The rule under Article 7 is intended to expand over time in that, following the Commission’s designation decision, the interoperability requirement on the gatekeeper will initially be limited to messaging between two users. However, within two years of the designation, this will expand to group messaging and, within four years, to voice and video calls.

Merger control 

Gatekeepers must inform the Commission of planned mergers and acquisitions with other companies within the digital sector. This obligation, encapsulated in Article 14, is included in the new regulatory regime to enable the Commission to identify so-called “killer acquisitions”, whereby large digital companies acquire small, but promising, market players to prevent future competition.

Sanctions

The Commission will have the power to impose fines of up to 10% of a company’s annual worldwide turnover for breach of the DMA, or up to 20% in case of recidivism.
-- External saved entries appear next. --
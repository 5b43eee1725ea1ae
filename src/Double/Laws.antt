-- ===== src/Double/Laws.antt =====
-- The operations on doubles at whole numbers: exact conversions, monotone ones, and quotients.
use native.Mathlib.Nat.{le_antisymm}
use approximation_computing.Common.{
  zero, suc, ◌+◌, sub_ℕ, neg, negsuc, ℕ, ◌*◌, ◌^◌, ◌≤◌, ◌<◌, ◌≡◌, refl, ap, arith, pos, pos_part,
  mul-le-mul, le_trans, ◌/◌,
}
use approximation_computing.Double.{
  one, exponent, nearest, round_at, sub, add, round, of_nat, to_nat, mul, div,
}
use approximation_computing.Double.Round.{InRange, round-le, le-round}
use approximation_computing.Double.Mono.{round_mono}

-- The operations in terms of the rounding, which stays shut elsewhere.
pub of_nat_lem : (n : ℕ) → of_nat n ≡ pos (round (n * one) 1)
unfolding of_nat
of_nat_lem n = refl

pub div_lem : (a b : ℕ) → div (pos a) (pos b) ≡ pos (round (a * one) b)
unfolding div
div_lem a b = refl

pub mul_lem : (a b : ℕ) → mul (pos a) (pos b) ≡ pos (round (a * b) one)
unfolding mul
mul_lem a b = refl

-- A whole number below 2^64 lies in the range of the rounding.
nat-InRange : (n : ℕ) → n < 2 ^ 64 → InRange (n * one) 1
nat-InRange n h = omega arith

-- (double)n is exact up to 2^53.
pub of_nat-exact : (n : ℕ) → n ≤ 2 ^ 53 → of_nat n ≡ pos (n * one)
of_nat-exact n h = rw (of_nat_lem n) (
    ap pos (
      le_antisymm
        (round-le (n * one) 1 (omega arith) (nat-InRange n (omega arith)) n 1074 h (omega arith))
        (le-round (n * one) 1 (omega arith) (nat-InRange n (omega arith)) n 1074 h (omega arith))))

pub of_nat_mono : (a b : ℕ) → a ≤ b → b < 2 ^ 64 → pos_part (of_nat a) ≤ pos_part (of_nat b)
of_nat_mono a b h k =
    rw (of_nat_lem a, of_nat_lem b)
      (round_mono (a * one) 1 (b * one) 1 (omega arith) (omega arith) (nat-InRange a (omega arith))
        (nat-InRange b k) (omega arith))

pub of_nat-pos : (n : ℕ) → 0 < n → n < 2 ^ 64 → one ≤ pos_part (of_nat n)
of_nat-pos n h k =
    rw (of_nat_lem n)
      (le-round (n * one) 1 (omega arith) (nat-InRange n k) 1 1074 (omega arith) (omega arith))

-- A quotient of a smaller by a larger number is at most 1.0.
pub div-le-one : (a b : ℕ) → 0 < b → a ≤ b → pos_part (div (pos a) (pos b)) ≤ one
div-le-one a b p h =
    rw (div_lem a b) (round-le (a * one) b p (omega arith) 1 1074 (omega arith) (omega arith))

pub div_self : (a : ℕ) → 0 < a → div (pos a) (pos a) ≡ pos one
div_self a p = rw (div_lem a a) (
    ap pos (
      le_antisymm (round-le (a * one) a p (omega arith) 1 1074 (omega arith) (omega arith))
        (le-round (a * one) a p (omega arith) 1 1074 (omega arith) (omega arith))))

-- (u64)((double)n * f) for a factor of at most 1.0 lies between the whole numbers round n * f.
module _ (n f m : ℕ) (exact : n ≤ 2 ^ 53) (f_le : f ≤ one) (fits : m ≤ 2 ^ 53) where
  product-InRange : InRange (n * one * f) one
  product-InRange = omega (arith, mul-le-mul exact f_le)

  pub scaled-le : n * f ≤ m * one → to_nat (mul (of_nat n) (pos f)) ≤ m
  unfolding to_nat
  scaled-le h =
      rw (of_nat-exact n exact, mul_lem (n * one) f)
        (omega (
          arith,
          round-le (n * one * f) one (omega arith) product-InRange m 1074 fits (omega arith),
        ))

  pub le-scaled : m * one ≤ n * f → m ≤ to_nat (mul (of_nat n) (pos f))
  unfolding to_nat
  le-scaled h =
      rw (of_nat-exact n exact, mul_lem (n * one) f)
        (omega (
          arith,
          le-round (n * one * f) one (omega arith) product-InRange m 1074 fits (omega arith),
        ))

nearest_zero : (d : ℕ) → nearest 0 d ≡ 0
unfolding nearest
nearest_zero zero = refl
nearest_zero (suc d) = ground arith

-- Zero is not rounded.
pub round_zero : (d : ℕ) → round 0 d ≡ 0
unfolding round round_at
round_zero d = rw (nearest_zero (d * 2 ^ exponent 12 0 d)) (omega arith)

pub sub_self : (m : ℕ) → sub (pos m) (pos m) ≡ pos 0
unfolding sub add
sub_self zero = refl
sub_self (suc m) =
    let opposite : neg (pos (suc m)) ≡ negsuc m = ground arith in
    let total : sub_ℕ (suc m + 0) (0 + suc m) ≡ pos 0 = ground arith in
    rw (opposite, total) (ap pos (round_zero 1))

-- (double)n of a number below 2^64 is off by less than 2048.
pub of_nat-le : (n : ℕ) → n < 2 ^ 64 → pos_part (of_nat n) ≤ (n + 2048) * one
of_nat-le n h =
    let up : n ≤ (n / 2048 + 1) * 2048 = omega arith in
    rw (of_nat_lem n) (
      le_trans
        (round-le (n * one) 1 (omega arith) (nat-InRange n h) (n / 2048 + 1) 1085 (omega arith)
          (omega arith))
        (omega arith))

pub le-of_nat : (n : ℕ) → n < 2 ^ 64 → n * one ≤ pos_part (of_nat n) + 2048 * one
le-of_nat n h =
    let below =
      le-round (n * one) 1 (omega arith) (nat-InRange n h) (n / 2048) 1085 (omega arith)
        (omega arith) in
    rw (of_nat_lem n) (omega arith)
If a gatekeeper systematically fails to abide by the DMA’s rules (i.e., it violates the rules at least three times in eight years), the Commission can launch a market investigation and, if necessary, impose behavioural or structural remedies (or even the break-up of the gatekeeper).

  1. Timeline

The DMA was approved by the European Parliament on 5 July 2022 and, on 18 July 2022, it was adopted by the European Council, the EU body which represents member-state governments.

Today (12 October 2022), it was published in the Official Journal of the European Union. It will enter into force in 20 days’ time, on 1 November 2022, and will apply from 2 May 2023. The crucial moment in the timeline will be the designation of the first gatekeepers (expected in summer 2023) who will be given a maximum of six months after the Commission’s designation decision to ensure their compliance with the DMA’s obligations (expected to be from early 2024). After that, the Commission will review each gatekeeper designation every three years, in order to assess whether the gatekeeper conditions remain fulfilled.

  1. Similar regulatory proposals in the UK

In parallel with the regulatory overhaul of digital markets in the EU, the UK government is developing its own statutory regime with the creation of a Digital Markets Unit (“DMU”) within the Competition & Markets Authority, although implementation of the DMU was apparently deprioritised when this year’s Queen’s speech gave no timetable for the passage of the Competition and Consumer Bill, the draft legislation intended to put the DMU on a statutory footing.

The powers of the DMU, as currently drafted, are solely to oversee the conduct of firms with a so-called “Strategic Market Status,” a concept which overlaps significantly with the EU’s “gatekeepers.” Indeed, the delay of the Bill may have been motived in part by a desire to allow time to watch the Commission’s implementation of the DMA, so that the DMU can follow in its slipstream.